After installation, verify that Redis is running by checking its version: redis-server --version

  1. Install Redis and Celery for Airflow

     #activate existing venv and install the libs
     pip install "apache-airflow[redis,celery]==${AIRFLOW_VERSION}" --constraint "${CONSTRAINT_URL}"
    
  2. Update Airflow Configuration
    In airflow.cfg, configure Airflow to use the Celery Executor and point it to your Redis instance:

     executor = CeleryExecutor
     broker_url = redis://localhost:6379/0
     result_backend = redis://localhost:6379/0
    
  3. Start Workers
    Launch your workers, and they’ll begin pulling tasks from Redis as they become available.

     airflow celery worker
    

Now, your setup can scale horizontally, and Airflow will handle tasks across multiple machines, all managed by Redis. The flow would look like below:


Pros and Cons of Apache Airflow

ProsCons
Mature Ecosystem: Many plugins and integrations available.Local Development Challenges:Harder to replicate environments.
Python-based: Airflow uses Python, making it accessible to a wide range of developers.Difficult Debugging: Unstructured logs and UI make troubleshooting harder.
Flexibility: Everything is code, offering complete control over workflows and task logic.Limited Data Lineage: Poor visibility into data dependencies.
Scalability: Airflow can scale for large workflows and multiple users.Limited CI/CD Support: Difficult to implement automated testing.
Strong Community: A large ecosystem and community support contribute to its widespread use.

Choose the orchestration tool based on your specific requirements, infrastructure considerations, and cost.

Alternatives to Apache Airflow

While Airflow is incredibly versatile, it’s not the only orchestration tool out there. Here are some alternatives:

  • Prefect: Easier to use, with task-level retries and better fault tolerance.

  • Luigi: Lightweight and great for simple workflows.

  • Dagster: Focuses on data quality and lineage tracking.

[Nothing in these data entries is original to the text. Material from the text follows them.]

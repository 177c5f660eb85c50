-- ===== src/IoOp/Receiving.antt =====
-- src/neo/io/read.hpp: what `read` takes from a stream, and where it puts it.
use neo_io.Prelude.{
  ℕ, ◌+◌, ◌≤◌, ◌<◌, min, ◌≡◌, refl, sym, ◌∙◌, ap, ◌⊎◌, inl, inr, true, false, some, List, [], ◌++◌,
  append_assoc, arith, size_mod, length, take, drop, take-add, take-append_take, drop-append_take,
  drop-drop, length-drop,
}
use neo_io.Transfer.{TransferResult, IsTransferResult, transfer_errant, transfer_all}
use neo_io.IoOp.{Consumers, Stream, read, read_all}
use neo_io.IoOp.Laws.{Spans, AreConsumers, IsPart, IsOperation}
use neo_io.IoOp.Delivery.{Ended, do_io_op-Transferred}
use neo_io.IoOp.Conditions.{transfer_all-IsCapped}

-- The destination after `n` bytes of `xs` were stored at its front.
abbrev pub filled : ℕ → List ℕ → List ℕ → List ℕ
filled n xs mem = take n xs ++ drop n mem

-- The contract of a `read_stream` over a destination memory of `total` bytes: `read_some` stores the
-- next bytes of what comes in at the start of the part, and takes them off the stream; it reports
-- none for a non-empty part only at a failure or at the end of the stream.
pub record IsReader {R C P S : Type 0} (t : TransferResult R) (v : Spans C P) (total : ℕ)
    (incoming memory : S → List ℕ) (strm : Stream R P S) : Type 0 where
  pub read-le :
      (p : P) (s : S) → IsPart v total p → t.bytes_transferred (strm.some_part p s).0 ≤ v.len p
  pub read-le-incoming :
      (p : P) (s : S)
      → IsPart v total p
      → t.bytes_transferred (strm.some_part p s).0 ≤ length (incoming s)
  pub read-incoming :
      (p : P) (s : S)
      → IsPart v total p
      → incoming (strm.some_part p s).1
        ≡ drop (t.bytes_transferred (strm.some_part p s).0) (incoming s)
  pub read-memory :
      (p : P) (s : S)
      → IsPart v total p
      → memory (strm.some_part p s).1
        ≡ take (v.start p) (memory s)
          ++ filled
              (t.bytes_transferred (strm.some_part p s).0)
              (incoming s)
              (drop (v.start p) (memory s))
  pub read-end :
      (p : P) (s : S)
      → IsPart v total p
      → t.bytes_transferred (strm.some_part p s).0 ≡ 0
      → transfer_errant ⦃t = t⦄ (strm.some_part p s).0 ≡ false
      → incoming (strm.some_part p s).1 ≡ []

module _ (a b : ℕ) (xs mem : List ℕ) (h : a ≤ length xs) where
  take-filled : take a (filled a xs mem) ≡ take a xs
  take-filled = take-append_take a xs (drop a mem) h

  drop-filled : drop a (filled a xs mem) ≡ drop a mem
  drop-filled = drop-append_take a xs (drop a mem) h

  -- Storing `b` more bytes behind the first `a`.
  filled-filled :
      take a (filled a xs mem) ++ filled b (drop a xs) (drop a (filled a xs mem))
      ≡ filled (a + b) xs mem
  filled-filled =
      rw (take-filled, drop-filled, drop-drop a b (a + b) mem refl, ← append_assoc)
        (ap (λ t. t ++ drop (a + b) mem) (take-add a b (a + b) xs refl))

module _ {S : Type 0} (incoming memory : S → List ℕ) where
  -- After `n` bytes: they lie at the front of the memory, and are gone from the stream.
  pub record Received (s₀ s : S) (n : ℕ) : Type 0 where
    pub available : n ≤ length (incoming s₀)
    pub stored : memory s ≡ filled n (incoming s₀) (memory s₀)
    pub left : incoming s ≡ drop n (incoming s₀)

module _ {R C P S : Type 0} ⦃t : TransferResult R⦄ {v : Spans C P} {total : ℕ}
    {incoming memory : S → List ℕ} {cs : Consumers C P} {strm : Stream R P S}
    (rl : IsTransferResult t) (small : total < size_mod) (cl : AreConsumers v total cs)
    (wl : IsReader t v total incoming memory strm) where
  read_some-IsOperation :
      (s₀ : S) → IsOperation t v total (Received incoming memory s₀) strm.some_part
  read_some-IsOperation s₀ = record {
    op-le = wl.read-le;
    op-Effect = λ p s fits e. record {
      available = omega (
        arith,
        wl.read-le-incoming p s fits,
        ap length e.left,
        length-drop (v.start p) (incoming s₀),
        e.available,
      );
      stored =
          wl.read-memory p s fits
          ∙ (rw (e.stored, e.left) (filled-filled _ _ (incoming s₀) (memory s₀) e.available));
      left = wl.read-incoming p s fits ∙ (rw e.left (drop-drop _ _ _ (incoming s₀) refl));
    };
  }

  -- `read(strm, bufs)` over a destination of `total` bytes, less than 2^64, with more fuel than
  -- that, returns. The bytes that it reports lie in order at the front of the destination, the rest
  -- of which is unchanged, and they are gone from the stream. Unless the result has an error, it
  -- has filled the destination or emptied the stream.
  pub read_all-receives :
      (fuel : ℕ) (bufs : C) (s : S)
      → total < fuel
      → v.pos bufs ≡ 0
      → (r : R) × (s' : S) × (read_all fuel cs strm bufs s ≡ some (r, s'))
        × Received incoming memory s s' (t.bytes_transferred r)
        × ((transfer_errant r ≡ true) ⊎ (t.bytes_transferred r ≡ min total (length (incoming s))))
  unfolding read_all read
  read_all-receives fuel bufs s enough at_start =
      let ((r, s'), e, q) =
        do_io_op-Transferred rl small cl (read_some-IsOperation s) (transfer_all-IsCapped total)
          fuel strm.vectored bufs s enough at_start
          (record { available = omega arith; stored = refl; left = refl }) in
      (r, s', e, q.effect, full r s' q.bound q.effect q.ended)
    where
      full :
          (r : R) (s' : S)
          → t.bytes_transferred r ≤ total
          → Received incoming memory s s' (t.bytes_transferred r)
          → Ended v total transfer_all strm.some_part r s'
          → (transfer_errant r ≡ true) ⊎ (t.bytes_transferred r ≡ min total (length (incoming s)))
      full r s' b e (inl h) = inl h
      full r s' b e (inr (inl h)) = absurd (omega arith)
      full r s' b e (inr (inr (inl h))) = inr (omega (arith, e.available))
      full r s' b e (inr (inr (inr (p, s₁, h, z, c, f)))) =
          let empty : length (incoming s') ≡ 0 =
            ap (λ x. length (incoming x)) (sym f) ∙ ap length (wl.read-end p s₁ h z c) in
          inr (
            omega (
              arith,
              empty,
              ap length e.left,
              length-drop (t.bytes_transferred r) (incoming s),
              e.available,
              b,
            ))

  • Google Cloud Workflows: Ideal for cloud-native workflows.


Wrapping It All Up

Apache Airflow is like having a dependable co-pilot for your workflows. From orchestrating complex pipelines to automating mundane tasks, it’s a game-changer for data engineering.

And you know the best part? Airflow has excellent documentation that covers everything in detail. Whether you’re troubleshooting or exploring advanced features, you’ll find all the answers here.

Whether you’re a beginner or an experienced engineer, mastering Apache Airflow will elevate your data workflows and unlock new possibilities. Ready to take the leap?